Re: a union is always a join!


"paul c" <toledobythesea@xxxxxxxx> wrote in message
news:Pkv8l.42236$em5.22922@xxxxxxxxxxxxxxx
Criticisms, please (preferably ones based on some formal logic or other).


I think your reasoning is circular: A relation is a join because it can be
joined to a projection of itself over a subset of its own heading?


It is inescapable that every relation is a join (eg., Heath's theorem).
So every relvar points to a join. If we can't 'delete' through a join, we
can't delete from any relvar (my father, who thought a disk buffer was a
polishing material could have concluded this - also, I surmise, we can't
logically express some number of otherwise possible relations when we
have some purpose besides defining a 'view').

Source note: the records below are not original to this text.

-- ===== src/Web/Registry/Consistent.antt =====
-- The registry's maps agree with one another, and every operation of
-- crates/codex-runtime/src/adapters/web/state.rs keeps them so.
use coclai.Prelude.{
  ℕ, ◌≤◌, ◌≡◌, refl, String, true, not, none, some, ◌==◌, lookup, arith, eq_iff, Option-cases, inl,
  inr, lookup-remove, lookup-modify, lookup-insert, modify, lookup-retain, UniqueKeys, ◌>>=◌,
  is_some, length, ap, Entries, Entries-remove, retain-UniqueKeys,
}
use coclai.Json.{Json}
use coclai.Web.Types.{
  WebAdapterConfig, ok, SessionRecord, Topics, WebState, active, empty_state, Result-cases,
}
use coclai.Web.Registry.{
  register_session, begin_close_owned_session, finalize_close_owned_session,
  rollback_close_owned_session, new_session, begin_closing, reopen, add_session, drop_session,
  session_from_thread_index, load_owned_session, load_closing_session, ensure_owned_session,
}

reopen_same :
    (r : SessionRecord) → record (reopen r) { lifecycle = active } ≡ record r { lifecycle = active }
reopen_same r = ground arith

module _ {json : Json} {topics : Topics} (capacity : ℕ) where
  -- The thread index and the sessions are inverse to one another; every session has its topics and
  -- the configured capacity; every approval has a session; no queue is past the capacity.
  pub record Consistent (state : WebState json topics) : Type 0 where
    pub unique_approvals : UniqueKeys state.approval_to_session
    pub indexed :
        (thread_id session_id : String)
        → lookup thread_id state.thread_to_session ≡ some session_id
        → (lookup session_id state.sessions >>= λ session. some session.thread_id) ≡ some thread_id
    pub registered :
        (session_id : String) (session : SessionRecord)
        → lookup session_id state.sessions ≡ some session
        → (session.session_id ≡ session_id)
          × (lookup session.thread_id state.thread_to_session ≡ some session_id)
          × (is_some (lookup session_id state.event_topics) ≡ true)
          × (is_some (lookup session_id state.approval_topics) ≡ true)
          × (session.approval_queue_capacity ≡ capacity)
    pub owned :
        (approval_id session_id : String)
        → lookup approval_id state.approval_to_session ≡ some session_id
        → is_some (lookup session_id state.sessions) ≡ true
    pub queued : Entries (λ _ requests. length requests ≤ capacity) state.queued_approvals

  pub empty_state-Consistent : Consistent (empty_state json topics)
  unfolding lookup
  empty_state-Consistent = record {
    unique_approvals = tt;
    indexed = λ t s e. cc;
    registered = λ s r e. absurd (cc e);
    owned = λ a s e. cc;
    queued = tt;
  }

  -- A new session, under an id that no session has, for a thread that has none.
  add_session-Consistent :
      (state : WebState json topics) (config : WebAdapterConfig)
      (session_id tenant_id artifact_id thread_id : String)
      → config.session_approval_channel_capacity ≡ capacity
      → lookup session_id state.sessions ≡ none
      → lookup thread_id state.thread_to_session ≡ none
      → Consistent state
      → Consistent (add_session state config session_id tenant_id artifact_id thread_id)
  unfolding add_session
  add_session-Consistent state config session_id tenant_id artifact_id thread_id c fresh free h =
      let added = new_session config session_id tenant_id artifact_id thread_id in
      record {
        unique_approvals = h.unique_approvals;
        indexed = λ t s e. ground (
          arith,
          lookup-insert thread_id t session_id state.thread_to_session,
          lookup-insert session_id s added state.sessions,
          h.indexed t s,
          eq_iff thread_id t,
          eq_iff session_id s,
        );
        registered = λ s r e. ground (
          arith,
          lookup-insert session_id s added state.sessions,
          lookup-insert thread_id r.thread_id session_id state.thread_to_session,
          lookup-insert session_id s (topics.event_channel config.session_event_channel_capacity)
              state.event_topics,
          lookup-insert session_id s
              (topics.approval_channel config.session_approval_channel_capacity)
              state.approval_topics,
          h.registered s r,
          eq_iff thread_id r.thread_id,
          eq_iff session_id s,
        );
        owned =
            λ a s e. ground (arith, lookup-insert session_id s added state.sessions, h.owned a s);
        queued = h.queued;
      }

  -- A change of the lifecycle alone.
  modify-Consistent :
      (state : WebState json topics) (session_id : String) (change : SessionRecord → SessionRecord)
      → ((r : SessionRecord)
          → record (change r) { lifecycle = active } ≡ record r { lifecycle = active })
      → Consistent state
      → Consistent (record state { sessions = modify session_id change state.sessions })
  modify-Consistent state session_id change same h = record {
    unique_approvals = h.unique_approvals;
    indexed = λ t s e.
        let kept = h.indexed t s e in
        elim (Option-cases (lookup s state.sessions)) [
          | inl missing ↦ absurd (cc (kept, ap (λ o. o >>= λ r. some r.thread_id) missing))
          | inr (r, there) ↦
              let thread : (change r).thread_id ≡ r.thread_id =
                ap (λ (x : SessionRecord). x.thread_id) (same r) in
              ground (arith, lookup-modify session_id s change state.sessions, thread)
        ];
    registered = λ s r e. elim (Option-cases (lookup s state.sessions)) [
      | inl missing ↦ ground (arith, lookup-modify session_id s change state.sessions)
      | inr (old, there) ↦
          let id : (change old).session_id ≡ old.session_id =
            ap (λ (x : SessionRecord). x.session_id) (same old) in
          let thread : (change old).thread_id ≡ old.thread_id =
            ap (λ (x : SessionRecord). x.thread_id) (same old) in
          let cap : (change old).approval_queue_capacity ≡ old.approval_queue_capacity =
            ap (λ (x : SessionRecord). x.approval_queue_capacity) (same old) in
          ground (
            arith,
            lookup-modify session_id s change state.sessions,
            h.registered s old there,
            id,
            thread,
            cap,
          )
    ];
    owned = λ a s e. ground (arith, lookup-modify session_id s change state.sessions, h.owned a s);
    queued = h.queued;
  }

  drop_session-Consistent :
      (state : WebState json topics) (session_id : String) (session : SessionRecord)
      → lookup session_id state.sessions ≡ some session
      → Consistent state
      → Consistent (drop_session state session_id session.thread_id)
  unfolding drop_session
  drop_session-Consistent state session_id session there h = record {
    unique_approvals = retain-UniqueKeys _ state.approval_to_session h.unique_approvals;
    indexed = λ t s e. ground (
      arith,
      lookup-remove session.thread_id t state.thread_to_session,
      lookup-remove session_id s state.sessions,
      h.indexed t s,
      eq_iff session.thread_id t,
      eq_iff session_id s,
    );
    registered = λ s r e. ground (
      arith,
      lookup-remove session_id s state.sessions,
      lookup-remove session.thread_id r.thread_id state.thread_to_session,
      lookup-remove session_id s state.event_topics,
      lookup-remove session_id s state.approval_topics,
      h.registered s r,
      h.registered session_id session there,
      eq_iff session.thread_id r.thread_id,
      eq_iff session_id s,
    );
    owned = λ a s e. ground (
      arith,
      lookup-retain (λ _ owner. not (owner == session_id)) a state.approval_to_session
          h.unique_approvals,
      lookup-remove session_id s state.sessions,
      h.owned a s,
      eq_iff s session_id,
      eq_iff session_id s,
    );
    queued = Entries-remove _ session_id state.queued_approvals h.queued;
  }

  free_of_index :
      (state : WebState json topics) (thread_id : String)
      → session_from_thread_index state thread_id ≡ ok none
      → lookup thread_id state.thread_to_session ≡ none
  unfolding session_from_thread_index
  free_of_index state thread_id e = ground arith

  found_of_closing :
      (state : WebState json topics) (tenant_id session_id : String) (session : SessionRecord)
      → load_closing_session state tenant_id session_id ≡ ok session
      → lookup session_id state.sessions ≡ some session
  unfolding load_closing_session
  found_of_closing state tenant_id session_id session e = ground arith

  module _ (state : WebState json topics) (h : Consistent state) where
    -- `register_session` keeps the maps consistent, whether it adds a session or not.
    pub register_session-Consistent :
        (config : WebAdapterConfig) (session_id tenant_id artifact_id thread_id : String)
        → config.session_approval_channel_capacity ≡ capacity
        → lookup session_id state.sessions ≡ none
        → Consistent (register_session state config session_id tenant_id artifact_id thread_id).1
    unfolding register_session
    register_session-Consistent config session_id tenant_id artifact_id thread_id c fresh =
        elim (Result-cases (session_from_thread_index state thread_id)) [
          | inl (e, failed) ↦ rw (failed, register_session) h
          | inr (none, free) ↦
              rw (free, register_session)
                (add_session-Consistent state config session_id tenant_id artifact_id thread_id c
                  fresh (free_of_index state thread_id free) h)
          | inr (some existing, found) ↦ rw (found, register_session) h
        ]

    pub begin_close-Consistent :
        (tenant_id session_id : String)
        → Consistent (begin_close_owned_session state tenant_id session_id).1
    unfolding begin_close_owned_session
    begin_close-Consistent tenant_id session_id =
        elim (Result-cases (load_owned_session state tenant_id session_id)) [
          | inl (e, failed) ↦ rw (failed, begin_close_owned_session) h
          | inr (session, loaded) ↦
              rw (loaded, begin_close_owned_session)
                (modify-Consistent state session_id begin_closing (λ r. refl) h)
        ]

    pub finalize_close-Consistent :
        (tenant_id session_id : String)
        → Consistent (finalize_close_owned_session state tenant_id session_id).1
    unfolding finalize_close_owned_session
    finalize_close-Consistent tenant_id session_id =
        elim (Result-cases (load_closing_session state tenant_id session_id)) [
          | inl (e, failed) ↦ rw (failed, finalize_close_owned_session) h
          | inr (session, loaded) ↦
              rw (loaded, finalize_close_owned_session)
                (drop_session-Consistent state session_id session
                  (found_of_closing state tenant_id session_id session loaded) h)
        ]

    pub rollback_close-Consistent :
        (tenant_id session_id : String)
        → Consistent (rollback_close_owned_session state tenant_id session_id).1
    unfolding rollback_close_owned_session
    rollback_close-Consistent tenant_id session_id =
        elim (Result-cases (ensure_owned_session state tenant_id session_id)) [
          | inl (e, failed) ↦ rw (failed, rollback_close_owned_session) h
          | inr (_, owned) ↦
              rw (owned, rollback_close_owned_session)
                (modify-Consistent state session_id reopen reopen_same h)
        ]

The reason for every relation being a join has nothing to do with the
expression that forms a join 'view'. I think it's a consequence of
Codd's algebra that every relation that has more than one subset of
attributes is a join of two or more relations. By Heath, there will
always be two heading subsets (at least one of them having the same
heading as the relation) that will determine the other possible pairs of
heading subsets in a join. Because the join on all of a relation's
attributes with any subset of them is algebraically equal to the relation,
it looks to me that the number of possible and irreducible join
expressions is at least equal to the number of subsets of attributes in a
relation heading. (This is implicit. Explicit constraints may have a
number of expressions that are fewer and still sufficient to express all
the possible expressions.)


For the same reason, every 'insert' is through a join, even if the
'insert' is also to a 'view' formed by union. One can equally say that
some relations involve union, but this doesn't change the fact that they
are also joins, in other words, not all joins are algebraically equal to
some union or other, ie., if a relation is formed by join, it is not
always also a union.

If so, it should be far more productive to design a language based on
axioms that are universal, the theorems that are always true, rather than
on statements that are true only sometimes.




.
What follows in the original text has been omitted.